That is a good point, I have never considered when I correct him when she is around how he could relate it to her. 
When you ask about him behaving in a training collar, do you mean a pronged, ecollar, or chock chain? I do work on obedience with him with no collars on when we are inside and I have pieces of kibble in my hand. I keep it positive and reward him for following basic commands in this context. It is when he is wound up, outside, or otherwise distracted that he doesn't listen.


----------



## Mav_dad (Feb 26, 2018)

willoglen said:


> https://www.facebook.com/central.alabamaschutzhund/
> 
> https://www.facebook.com/Jefferson-St-Clair-County-SchH-Association-549323541834573/
> 
> I am also in Alabama, and I have these 2 clubs as possibilities. Please note: I do NOT have any personal experience with either club as I have not yet attended any of their training sessions. I do know people who are active in one or both clubs.



Do the people you know have good things to say or recommend either club? I have looked them up and have sent messages but let me know what your friends say also. Thanks


----------



## Evohog (Jul 18, 2017)

From what you're saying, I don't believe your dog is ready for an E-collar. He needs his on leash obedience worked on first. Once that is solid you can return to the e-collar.
Curing had some good advice for you in above post.
I to think that you should see a trainer and you may have to start back from the beginning.
As far as your girl goes, don't give up on her yet. Can you keep them separated?
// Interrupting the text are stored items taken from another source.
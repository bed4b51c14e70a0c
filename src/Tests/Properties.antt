-- ===== src/Tests/Properties.antt =====
-- Properties of server/db_properties.c.
use waverous.Base.{false, ◌==◌, Bool, ◌≡◌, refl, true, false, some, eqz, pos, [], ◌∷◌, codes, ℕ}
use waverous.Text.{str_hash, hash_from, hash_step, mystrcasecmp, cmap}
use waverous.Values.{int}
use waverous.Database.{find_object}
use waverous.Database.Run.{ok, Returns}
use waverous.Database.Chains.{Distinct}
use waverous.Database.Family.{members}
use waverous.Properties.{
  find_built_in, ptable, bp_none, def_place, is_def, db_find_property, dbpriv_new_propdef, is_clear,
}
use waverous.Properties.Change.{property_defined_at_or_below, db_add_propdef}
use waverous.Properties.Found.{all_defs, found, value_at, db_find_property-found}
use waverous.Properties.Below.{
  any, defines, is_taken, property_defined_at_or_below-any, db_add_propdef_refused,
}
use waverous.Properties.Handles.{db_property_value, db_set_property_value}
use waverous.Properties.Written.{handle_at, db_find_property-db_set_property_value}
use waverous.Properties.Change.{db_rename_propdef}
use waverous.Properties.Renamed.{db_find_property-db_rename_propdef}
use waverous.Tests.Tree.{tree, way, way-Up, upper, upper-Up, way-AreValued, family, family-Spans}

not_built_in : find_built_in (codes "Q") ptable ≡ bp_none
unfolding find_built_in str_hash hash_from hash_step cmap mystrcasecmp eqz
not_built_in = refl

db_find_property-found_example :
    (db_find_property (pos 1) (codes "Q") true tree
      ≡ ok
          (found true (pos 1) way (def_place (codes "Q") (str_hash (codes "Q")) (all_defs way)))
          tree)
    × ((n : ℕ)
        → def_place (codes "Q") (str_hash (codes "Q")) (all_defs way) ≡ some n
        → is_clear (value_at way n) ≡ false)
db_find_property-found_example =
    db_find_property-found tree (pos 1) way (codes "Q") way-Up way-AreValued not_built_in

-- The child has a clear value, so that its parent's counts.
q_place : def_place (codes "Q") (str_hash (codes "Q")) (all_defs way) ≡ some 1
unfolding def_place is_def dbpriv_new_propdef str_hash hash_from hash_step cmap mystrcasecmp eqz
q_place = refl

inherited : value_at way 1 ≡ int (pos 5)
inherited = refl

members-Distinct : Distinct (members family)
unfolding eqz
members-Distinct = (refl, (refl, tt))

property_defined_at_or_below-any_example :
    property_defined_at_or_below (codes "z") (str_hash (codes "z")) (pos 0) tree
    ≡ ok (any (defines tree (codes "z")) (members family)) tree
property_defined_at_or_below-any_example =
    property_defined_at_or_below-any tree (codes "z") family family-Spans members-Distinct

z_taken : is_taken tree (codes "z") (upper ∷ []) family ≡ true
unfolding find_built_in def_place find_object is_def dbpriv_new_propdef str_hash hash_from hash_step
    cmap mystrcasecmp eqz
z_taken = refl

db_add_propdef_refused_example :
    db_add_propdef (pos 0) (codes "z") (int (pos 3)) (pos 0) 0 tree ≡ ok false tree
db_add_propdef_refused_example =
    db_add_propdef_refused tree (codes "z") (int (pos 3)) (pos 0) 0 family (upper ∷ []) upper-Up
      family-Spans members-Distinct z_taken

-- The machine's test for the double 0.
abbrev fzero : ℕ → Bool
fzero n = n == 0

db_find_property-db_set_property_value_example :
    Returns
      (λ (_ : Unit {0}) g.
        (db_property_value (handle_at (pos 1) way 1) g ≡ ok (int (pos 8)) g)
        × (db_find_property (pos 1) (codes "Q") true g
            ≡ ok (handle_at (pos 1) way 1, some (int (pos 8))) g))
      (db_set_property_value fzero (handle_at (pos 1) way 1) (int (pos 8)) tree)
db_find_property-db_set_property_value_example =
    db_find_property-db_set_property_value fzero tree (pos 1) way (codes "Q") (int (pos 8)) 1 way-Up
      way-AreValued not_built_in q_place refl

weight_free : is_taken tree (codes "weight") (upper ∷ []) family ≡ false
unfolding find_built_in def_place find_object is_def dbpriv_new_propdef str_hash hash_from hash_step
    cmap mystrcasecmp eqz
weight_free = refl

q_first : def_place (codes "Q") (str_hash (codes "Q")) upper.propdefs ≡ some 0
unfolding def_place is_def dbpriv_new_propdef str_hash hash_from hash_step cmap mystrcasecmp eqz
q_first = refl

db_find_property-db_rename_propdef_example :
    Returns
      (λ (r : Bool) g.
        (r ≡ true)
        × (db_find_property (pos 0) (codes "weight") true g
            ≡ ok (handle_at (pos 0) (upper ∷ []) 0, some (value_at (upper ∷ []) 0)) g))
      (db_rename_propdef (pos 0) (codes "Q") (codes "weight") tree)
db_find_property-db_rename_propdef_example =
    db_find_property-db_rename_propdef tree family upper [] (codes "Q") (codes "weight") 0 upper-Up
      way-AreValued.2 family-Spans members-Distinct q_first weight_free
Crate?


----------



## LuvShepherds (May 27, 2012)

Wound up could mean he is in drive mode. Find a trainer who can teach you how to use his drive to work with him when he is in that mode and also how to pull him out of drive. I have a high drive WL dog. I spent a lot of time “capping.” Focus, eye contact, long sit stays. Then I began working with a trainer who has a lot of WL experience, and learned how to work him while he is in drive also. It literally save me from losing him, when both dogs got into drive chasing a wild animal and my rescue, took off. I called my WL back to a Front position and he recalled instantly. My other one eventually came back, but not on my terms. You can do this!
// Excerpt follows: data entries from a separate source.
-- ===== src/Tests/Streams.antt =====
-- Buffers and numbers of server/streams.c.
use waverous.Base.{◌≡◌, ◌≢◌, refl, inl, some, none, pos, ◌^◌, negsuc, [], ◌∷◌, arith, codes}
use waverous.Streams.{
  Stream, stream_add_char, stream_add_string, size_for, digits_loop, itoa_least, itoa,
}
use waverous.Streams.Laws.{Appends, stream_add-HasRoom}
use waverous.Streams.Digits.{Spells, spelled-itoa}

-- A buffer of four bytes that holds three.
abbrev full : Stream
full = record { text = codes "abc"; buflen = 4 }

stream_add-HasRoom_example :
    Appends full (100 ∷ []) (stream_add_char full 100)
    × Appends full (codes "defghijk") (stream_add_string full (codes "defghijk"))
stream_add-HasRoom_example =
    stream_add-HasRoom full 100 (codes "defghijk") (omega arith) (omega arith) (omega arith)

other : negsuc 4094 ≢ negsuc 2147483647
other e = ground arith

spelled-itoa_example : Spells 16 (negsuc 4094) (itoa (negsuc 4094) 16)
spelled-itoa_example =
    spelled-itoa (negsuc 4094) 16 (omega arith) (omega arith) (omega arith) (inl other)

-- `-FFF`
hex : itoa (negsuc 4094) 16 ≡ some (codes "-FFF")
unfolding itoa digits_loop
hex = refl

-- Twenty digits of radix 2, in front of the buffer.
binary : itoa (pos 524288) 2 ≡ none
unfolding itoa digits_loop
binary = refl

-- The least number of 32 bits is written as the one above it.
least_hex : itoa (negsuc 2147483647) 16 ≡ itoa (negsuc 2147483646) 16
unfolding itoa itoa_least digits_loop
least_hex = refl

-- A full buffer of 2^30 bytes is not doubled.
size_overflows : size_for (2 ^ 30) (2 ^ 30) ≡ none
size_overflows = refl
Mine do that as well, but not over food. They have wrestled over toys, and he has grabbed her. Much of it is play, and she gives back as good as she gets, but you need to learn the difference and how to stop it. If he is hurting her at all, it must be stopped. My female rescue is very tough and I rarely stop them unless it escalates. I have learned when their sounds change pitch or are more intense than play to cut it off immediately.

Pushing and bumping may be herding behavior. Mine both do that. Again, I look for intensity or what you call stress. If they are anxious or getting too wild, I stop it.


----------



## Mav_dad (Feb 26, 2018)

LuvShepherds said:


> Wound up could mean he is in drive mode. Find a trainer who can teach you how to use his drive to work with him when he is in that mode and also how to pull him out of drive. I have a high drive WL dog. I spent a lot of time “capping.” Focus, eye contact, long sit stays. Then I began working with a trainer who has a lot of WL experience, and learned how to work him while he is in drive also. It literally save me from losing him, when both dogs got into drive chasing a wild animal and my rescue, took off. I called my WL back to a Front position and he recalled instantly. My other one eventually came back, but not on my terms. You can do this!
> 
> Mine do that as well, but not over food. They have wrestled over toys, and he has grabbed her. Much of it is play, and she gives back as good as she gets, but you need to learn the difference and how to stop it. If he is hurting her at all, it must be stopped. My female rescue is very tough and I rarely stop them unless it escalates. I have learned when their sounds change pitch or are more intense than play to cut it off immediately.
> 
> Pushing and bumping may be herding behavior. Mine both do that. Again, I look for intensity or what you call stress. If they are anxious or getting too wild, I stop it.


What is "capping"?


Maybe I am unaware of the meaning of their sounds and body language but when mine jumps on the girl, he is growling loudly, and she is yelping trying to get away from him. He has only drawn blood on her once, the rest of the times it has just been a lot of noise and slobber on her with no apparent injuries. Anytime this happens I have to grab him by his collar and pull him off of her cause he never seems to stop on his own. Though I don't let it go on for more than a few seconds because I run to them as soon as it starts. I'm not experienced enough to understand what this all could add up to. 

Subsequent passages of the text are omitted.